*About this task:* Return the entries in their entirety, precisely as given.

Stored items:
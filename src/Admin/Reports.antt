-- ===== src/Admin/Reports.antt =====
-- What admin.go says of a forward that is saved, and whether it is so.
use in_proxy.Common.{
  ℕ, ◌≡◌, refl, sym, ◌∙◌, subst, true, false, ◌⊎◌, ◌++◌, ok, err, arith, Bool-cases, inl, inr, In,
}
use in_proxy.Text.{Text, codes, has_prefix}
use in_proxy.Text.Trim.{trim_space_idem}
use in_proxy.Config.{Forward}
use in_proxy.Config.Errors.{Fallible}
use in_proxy.Config.Validate.{validate_forward}
use in_proxy.Config.Validate.Forwards.{name-validate_forward}
use in_proxy.Store.{written}
use in_proxy.Store.Forwards.Accepted.{upsert_forward_accepted}
use in_proxy.Store.Runs.{Edit, put_forward, run}
use in_proxy.Forwarder.Open.{Runs, IsServed, runs_now, was_refused, is_off}
use in_proxy.Process.{Process, perform}
use in_proxy.Process.Follows.{Follows, perform-run, perform-Follows}
use in_proxy.Process.InForce.{Follows-IsInForce}
use in_proxy.Admin.{Request, notice, told, saved, Setup}
use in_proxy.Admin.Forms.{field, forward_form, forward_of}
use in_proxy.Admin.Handlers.{
  is_post, report_forward, Report, answered, submit, posted, save_forward, run_endpoint,
}

error_prefix : (e : Text) → has_prefix (codes "error: " ++ e) (codes "error:") ≡ true
unfolding has_prefix
error_prefix e = refl

module _ {Network Address : Type 0} (setup : Setup Network Address) where
  report_true :
      (fw : Forward) (p : Process)
      → IsServed setup.world.net fw p.forwarder
      → (report_forward fw.name p ≡ (notice, saved fw.name))
      → (fw.enabled ≡ false) ⊎ Runs fw p.forwarder
  report_true fw p (runs_now on runs_it says) h = inr runs_it
  report_true fw p (is_off disabled gone says) h = inl disabled
  report_true fw p (was_refused e why on gone says) h =
      absurd (cc (rw (error_prefix e) at (rw says at h)))

  -- The form of a forward, answered with the notice that it is saved.
  answered_saved :
      (base : Text) (report : Report) (o : Fallible (Unit {0}) × Process) (name : Text)
      → (answered setup base report o).0.response ≡ told base notice (saved name)
      → (o.0 ≡ ok tt) × (report o.1 ≡ (notice, saved name))
  unfolding answered
  answered_saved base report (err e, p) name h = cc
  answered_saved base report (ok u, p) name h = (refl, ground arith)

  answered_process :
      (base : Text) (report : Report) (o : Fallible (Unit {0}) × Process)
      → (answered setup base report o).1 ≡ o.1
  unfolding answered
  answered_process base report (err e, p) = refl
  answered_process base report (ok u, p) = refl

  abbrev asked_forward : Request → Edit
  asked_forward req = put_forward (field req (codes "old_name")) (forward_of req)

  posted_saved :
      (now : ℕ) (req : Request) (p : Process) (name : Text)
      → (run_endpoint setup save_forward written now req p).0.response
        ≡ told (codes "/_admin/forwards") notice (saved name)
      → (let o = perform setup.world (asked_forward req) written p in
          (o.0 ≡ ok tt)
          × (report_forward (field req (codes "name")) o.1 ≡ (notice, saved name))
          × ((run_endpoint setup save_forward written now req p).1 ≡ o.1))
  unfolding run_endpoint posted submit forward_form
  posted_saved now req p name h = elim (Bool-cases (is_post req)) [
    | inr got ↦ absurd (cc (rw got at h))
    | inl sent ↦
        let base = codes "/_admin/forwards" in
        let report = report_forward (field req (codes "name")) in
        let o = perform setup.world (asked_forward req) written p in
        let (done, says) = answered_saved base report o name (rw sent at h) in
        (done, says, rw sent (answered_process base report o))
  ]

  -- Where the parts follow the store and the file can be written: if a posted form of a forward is
  -- answered by the notice that it is saved, the forward was valid, is in the store as validation
  -- left it, and is disabled or runs: a listener under its name has its protocol, addresses and PROXY
  -- header and just the sockets that the protocol asks for, and the process holds these.
  pub run_endpoint-Runs :
      (now : ℕ) (req : Request) (p : Process)
      → Follows setup.world p
      → (run_endpoint setup save_forward written now req p).0.response
        ≡ told (codes "/_admin/forwards") notice (saved (field req (codes "name")))
      → (fw : Forward) × (validate_forward (forward_of req) ≡ ok fw)
        × In fw (run_endpoint setup save_forward written now req p).1.store.forwards
        × ((fw.enabled ≡ false)
            ⊎ Runs fw (run_endpoint setup save_forward written now req p).1.forwarder)
  unfolding run field
  run_endpoint-Runs now req p f h =
      let e = asked_forward req in
      let q = (perform setup.world e written p).1 in
      let (done, says, same) = posted_saved now req p (field req (codes "name")) h in
      let (result, store) = perform-run setup.world e written p in
      let (g, valid, placed) =
        upsert_forward_accepted (field req (codes "old_name")) (forward_of req) p.store
          (sym result ∙ done) in
      let there : In g q.store.forwards = rw store placed in
      let named : g.name ≡ field req (codes "name") =
        name-validate_forward (forward_of req) g valid
        ∙ trim_space_idem (req.form (codes "name")) in
      let settled =
        (Follows-IsInForce setup.world q (perform-Follows setup.world e p f)).served g there in
      (
        g,
        valid,
        rw same there,
        rw same (
            report_true g q settled
              (subst (λ n. report_forward n q ≡ (notice, saved n)) (sym named) says)),
      )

*The completed task:*
filename src/Admin/Reports.antt
-- ===== src/Admin/Reports.antt =====
-- What admin.go says of a forward that is saved, and whether it is so.
use in_proxy.Common.{
  ℕ, ◌≡◌, refl, sym, ◌∙◌, subst, true, false, ◌⊎◌, ◌++◌, ok, err, arith, Bool-cases, inl, inr, In,
}
use in_proxy.Text.{Text, codes, has_prefix}
use in_proxy.Text.Trim.{trim_space_idem}
use in_proxy.Config.{Forward}
use in_proxy.Config.Errors.{Fallible}
use in_proxy.Config.Validate.{validate_forward}
use in_proxy.Config.Validate.Forwards.{name-validate_forward}
use in_proxy.Store.{written}
use in_proxy.Store.Forwards.Accepted.{upsert_forward_accepted}
use in_proxy.Store.Runs.{Edit, put_forward, run}
use in_proxy.Forwarder.Open.{Runs, IsServed, runs_now, was_refused, is_off}
use in_proxy.Process.{Process, perform}
use in_proxy.Process.Follows.{Follows, perform-run, perform-Follows}
use in_proxy.Process.InForce.{Follows-IsInForce}
use in_proxy.Admin.{Request, notice, told, saved, Setup}
use in_proxy.Admin.Forms.{field, forward_form, forward_of}
use in_proxy.Admin.Handlers.{
  is_post, report_forward, Report, answered, submit, posted, save_forward, run_endpoint,
}

error_prefix : (e : Text) → has_prefix (codes "error: " ++ e) (codes "error:") ≡ true
unfolding has_prefix
error_prefix e = refl

module _ {Network Address : Type 0} (setup : Setup Network Address) where
  report_true :
      (fw : Forward) (p : Process)
      → IsServed setup.world.net fw p.forwarder
      → (report_forward fw.name p ≡ (notice, saved fw.name))
      → (fw.enabled ≡ false) ⊎ Runs fw p.forwarder
  report_true fw p (runs_now on runs_it says) h = inr runs_it
  report_true fw p (is_off disabled gone says) h = inl disabled
  report_true fw p (was_refused e why on gone says) h =
      absurd (cc (rw (error_prefix e) at (rw says at h)))

  -- The form of a forward, answered with the notice that it is saved.
  answered_saved :
      (base : Text) (report : Report) (o : Fallible (Unit {0}) × Process) (name : Text)
      → (answered setup base report o).0.response ≡ told base notice (saved name)
      → (o.0 ≡ ok tt) × (report o.1 ≡ (notice, saved name))
  unfolding answered
  answered_saved base report (err e, p) name h = cc
  answered_saved base report (ok u, p) name h = (refl, ground arith)

  answered_process :
      (base : Text) (report : Report) (o : Fallible (Unit {0}) × Process)
      → (answered setup base report o).1 ≡ o.1
  unfolding answered
  answered_process base report (err e, p) = refl
  answered_process base report (ok u, p) = refl

  abbrev asked_forward : Request → Edit
  asked_forward req = put_forward (field req (codes "old_name")) (forward_of req)

  posted_saved :
      (now : ℕ) (req : Request) (p : Process) (name : Text)
      → (run_endpoint setup save_forward written now req p).0.response
        ≡ told (codes "/_admin/forwards") notice (saved name)
      → (let o = perform setup.world (asked_forward req) written p in
          (o.0 ≡ ok tt)
          × (report_forward (field req (codes "name")) o.1 ≡ (notice, saved name))
          × ((run_endpoint setup save_forward written now req p).1 ≡ o.1))
  unfolding run_endpoint posted submit forward_form
  posted_saved now req p name h = elim (Bool-cases (is_post req)) [
    | inr got ↦ absurd (cc (rw got at h))
    | inl sent ↦
        let base = codes "/_admin/forwards" in
        let report = report_forward (field req (codes "name")) in
        let o = perform setup.world (asked_forward req) written p in
        let (done, says) = answered_saved base report o name (rw sent at h) in
        (done, says, rw sent (answered_process base report o))
  ]

  -- Where the parts follow the store and the file can be written: if a posted form of a forward is
  -- answered by the notice that it is saved, the forward was valid, is in the store as validation
  -- left it, and is disabled or runs: a listener under its name has its protocol, addresses and PROXY
  -- header and just the sockets that the protocol asks for, and the process holds these.
  pub run_endpoint-Runs :
      (now : ℕ) (req : Request) (p : Process)
      → Follows setup.world p
      → (run_endpoint setup save_forward written now req p).0.response
        ≡ told (codes "/_admin/forwards") notice (saved (field req (codes "name")))
      → (fw : Forward) × (validate_forward (forward_of req) ≡ ok fw)
        × In fw (run_endpoint setup save_forward written now req p).1.store.forwards
        × ((fw.enabled ≡ false)
            ⊎ Runs fw (run_endpoint setup save_forward written now req p).1.forwarder)
  unfolding run field
  run_endpoint-Runs now req p f h =
      let e = asked_forward req in
      let q = (perform setup.world e written p).1 in
      let (done, says, same) = posted_saved now req p (field req (codes "name")) h in
      let (result, store) = perform-run setup.world e written p in
      let (g, valid, placed) =
        upsert_forward_accepted (field req (codes "old_name")) (forward_of req) p.store
          (sym result ∙ done) in
      let there : In g q.store.forwards = rw store placed in
      let named : g.name ≡ field req (codes "name") =
        name-validate_forward (forward_of req) g valid
        ∙ trim_space_idem (req.form (codes "name")) in
      let settled =
        (Follows-IsInForce setup.world q (perform-Follows setup.world e p f)).served g there in
      (
        g,
        valid,
        rw same there,
        rw same (
            report_true g q settled
              (subst (λ n. report_forward n q ≡ (notice, saved n)) (sym named) says)),
      )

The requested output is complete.